I thought the ending was brilliant, and that Tony was whacked. Having the abrupt blackness (not ‘fade to black’, but just instant black), and then not explaining it leaves us feeling just as many of the mob’s victims’ families feel. One second everything is normal, then the next a person is dead, and all their experience stops. There’s no resolution, no clean story to wrap up. The music just stops, and everyone who has questions to ask the victim will never get to ask them.

The lack of closure is part of the deal, for the audience as for families of murder victims.
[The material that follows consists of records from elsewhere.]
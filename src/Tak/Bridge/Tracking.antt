-- ===== src/Tak/Bridge/Tracking.antt =====
-- Since when the bridge takes a node to be offline.
use meshcore_rpc_services.Prelude.{
  ◌≡◌, ◌≢◌, refl, ap, true, false, ◌&&◌, Option, none, some, String, arith, eq_iff, eq_refl, ◌==◌,
  if◌then◌else◌, Bool-cases, inl, inr, or_else,
}
use meshcore_rpc_services.Prelude.Int.{Fixed}
use meshcore_rpc_services.Prelude.Dict.{
  Dict, lookup, contains, insert, lookup-erase, lookup-insert, contains-lookup,
}
use meshcore_rpc_services.Prelude.Split.{ends_with}
use meshcore_rpc_services.Runtime.{Result, ok, err}
use meshcore_rpc_services.Topics
use meshcore_rpc_services.Value.{Json, null, bool, int, float, str, arr, obj}
use meshcore_rpc_services.Tak.NodeTopic.{extract_node_id, node_prefix_slash}
use meshcore_rpc_services.Tak.NodeTopic.Parsing.{IsLevel, extract_node_id-topics}
use meshcore_rpc_services.Tak.NodeTopic.Shapes.{state_topic-shape}
use meshcore_rpc_services.Tak.Bridge.{Bridge, track, emit, merge_state, update_offline_tracking}
use meshcore_rpc_services.Tak.Bridge.Messages.{ingest, located, stated}
use text.Mathlib.Text.{starts_with}

-- What the node says of itself, as it changes the time since when it is offline.
abbrev pub seen_online : Option Json → Fixed → Option Fixed → Option Fixed
seen_online (some (bool true)) now since = none
seen_online (some (bool false)) now since = some (or_else since now)
seen_online _ now since = since

lookup-offline :
    (id : String) (now : Fixed) (since : Dict Fixed)
    → lookup id (if contains id since then since else insert id now since)
      ≡ some (or_else (lookup id since) now)
lookup-offline id now since =
    ground (arith, contains-lookup id since, lookup-insert id id now since, eq_refl id)

pub lookup-track :
    (o : Option Json) (id : String) (now : Fixed) (since : Dict Fixed)
    → lookup id (track o id now since) ≡ seen_online o now (lookup id since)
lookup-track none id now since = refl
lookup-track (some null) id now since = refl
lookup-track (some (bool true)) id now since = rw (lookup-erase id id since) (rw (eq_refl id))
lookup-track (some (bool false)) id now since = lookup-offline id now since
lookup-track (some (int z)) id now since = refl
lookup-track (some (float x)) id now since = refl
lookup-track (some (str s)) id now since = refl
lookup-track (some (arr xs)) id now since = refl
lookup-track (some (obj fs)) id now since = refl

lookup-track-other :
    (o : Option Json) (j id : String) (now : Fixed) (since : Dict Fixed)
    → (j == id) ≡ false
    → lookup id (track o j now since) ≡ lookup id since
lookup-track-other none j id now since h = refl
lookup-track-other (some null) j id now since h = refl
lookup-track-other (some (bool true)) j id now since h = rw (lookup-erase j id since) (rw h)
lookup-track-other (some (bool false)) j id now since h =
    ground (arith, lookup-insert j id now since, h)
lookup-track-other (some (int z)) j id now since h = refl
lookup-track-other (some (float x)) j id now since h = refl
lookup-track-other (some (str s)) j id now since h = refl
lookup-track-other (some (arr xs)) j id now since h = refl
lookup-track-other (some (obj fs)) j id now since h = refl

pub emit_kept :
    (r : Result (Option String)) (b : Bridge)
    → ((emit r b).1.offline_since ≡ b.offline_since) × ((emit r b).1.state ≡ b.state)
emit_kept (ok none) b = (refl, refl)
emit_kept (ok (some xml)) b = (refl, refl)
emit_kept (err e) b = (refl, refl)

-- The offline times after a message, as the branches of the topic leave them.
pub ingest-state_topic :
    (id : String) (d : Dict Json) (now : Fixed) (b : Bridge)
    → IsLevel id
    → ingest (Topics.node_state_topic id) d now b ≡ some (stated (some id) d now b)
unfolding ingest
ingest-state_topic id d now b level =
    let ((base, begins), elsewhere, ends) = state_topic-shape id in
    let read = (extract_node_id-topics (Topics.node_state_topic id) id).1.1 (refl, level) in
    rw base (rw begins (rw elsewhere (rw ends (ap (λ o. some (stated o d now b)) read))))

located_kept :
    (o : Option String) (d : Dict Json) (now : Fixed) (b : Bridge)
    → (located o d now b).offline_since ≡ b.offline_since
unfolding merge_state
located_kept none d now b = refl
located_kept (some id) d now b = refl

differ : (j id : String) → some j ≢ some id → (j == id) ≡ false
differ j id h = elim (Bool-cases (j == id)) [
  | inl same ↦ absurd (h (ap some ((eq_iff j id).0 same)))
  | inr other ↦ other
]

not_read :
    (topic id : String)
    → (topic == Topics.node_state_topic id) ≡ false
    → extract_node_id topic "/state" ≢ some id
not_read topic id h read =
    let (e, level) = (extract_node_id-topics topic id).1.0 read in
    let same = (eq_iff topic (Topics.node_state_topic id)).1 e in ground (arith, h, same)

stated-other :
    (o : Option String) (id : String) (d : Dict Json) (now : Fixed) (b : Bridge)
    → o ≢ some id
    → lookup id (stated o d now b).offline_since ≡ lookup id b.offline_since
unfolding merge_state update_offline_tracking
stated-other none id d now b h = refl
stated-other (some j) id d now b h =
    lookup-track-other (lookup "online" d) j id now b.offline_since (differ j id h)

pub ingest-other :
    (topic id : String) (d : Dict Json) (now : Fixed) (b : Bridge)
    → (topic == Topics.node_state_topic id) ≡ false
    → lookup id (or_else (ingest topic d now b) b).offline_since ≡ lookup id b.offline_since
unfolding ingest merge_state
ingest-other topic id d now b h = elim (Bool-cases (topic == Topics.base_location)) [
  | inl base ↦ rw base refl
  | inr not_base ↦
      rw not_base
        (elim (Bool-cases (starts_with topic node_prefix_slash && ends_with topic "/location")) [
          | inl loc ↦
              rw loc (ap (lookup id) (located_kept (extract_node_id topic "/location") d now b))
          | inr not_loc ↦
              rw not_loc
                (elim (Bool-cases
                  (starts_with topic node_prefix_slash && ends_with topic "/state")) [
                    | inl st ↦ rw st (
                        stated-other (extract_node_id topic "/state") id d now b
                          (not_read topic id h))
                    | inr nothing ↦ rw nothing refl
                  ])
        ])
]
The writer Terrence Winter has said:

Chase has said various things about what happened to the Russian:

Of course, if he survived and were found, we would expect there would be a big mob war between Slava and the Sopranos. Maybe there was and we don’t see it. Maybe Tony negotiated to have a settlement paid by Paulie and Christopher. But I think the boy scout story was told by Chase just to get people off his back. As Tony Sirico and Michael Imperioli said:

So was the American Italian Mafia, which the members in The Sopranos bitch about at length. Wasn’t Tony complaining a lot about how ‘Our Thing’ was becoming a thing of the past? I thought he complained to Dr. Melfi about how he envied people like his father and earlier, because they were able to get in on the ground floor of something much bigger than themselves?

Given that, it makes sense as a statement that a leader of an increasingly ill-fitting, out of fashion group, is killed by someone wearing an ill–fitting jacket that used to be fashionable.

I’m probably making too much out of it.

Then what were Carmela and AJ doing there?

Why is this in the news all of a sudden? I read “The Sopranos Sessions” last spring and it has the transcript of the interview with Chase? I thought I even remembered reading about the “revelation” on some news sites Entertainment section (CNN? Canoe.ca?)

Talk about old news…

MtM

I think the “fade to black’ could also be a reference to a Tony panic attack. The scene was brilliant in creating a setting of anxiety for the audience, perhaps akin to what Tony normally feels before a panic attack. The black screen is basically us finally experiencing the same thing that plagued Tony his whole life. So I agree that it was meant to ambiguous. Also, it is irrelevant what Chase says. What is actually shown in the show is the only thing that counts.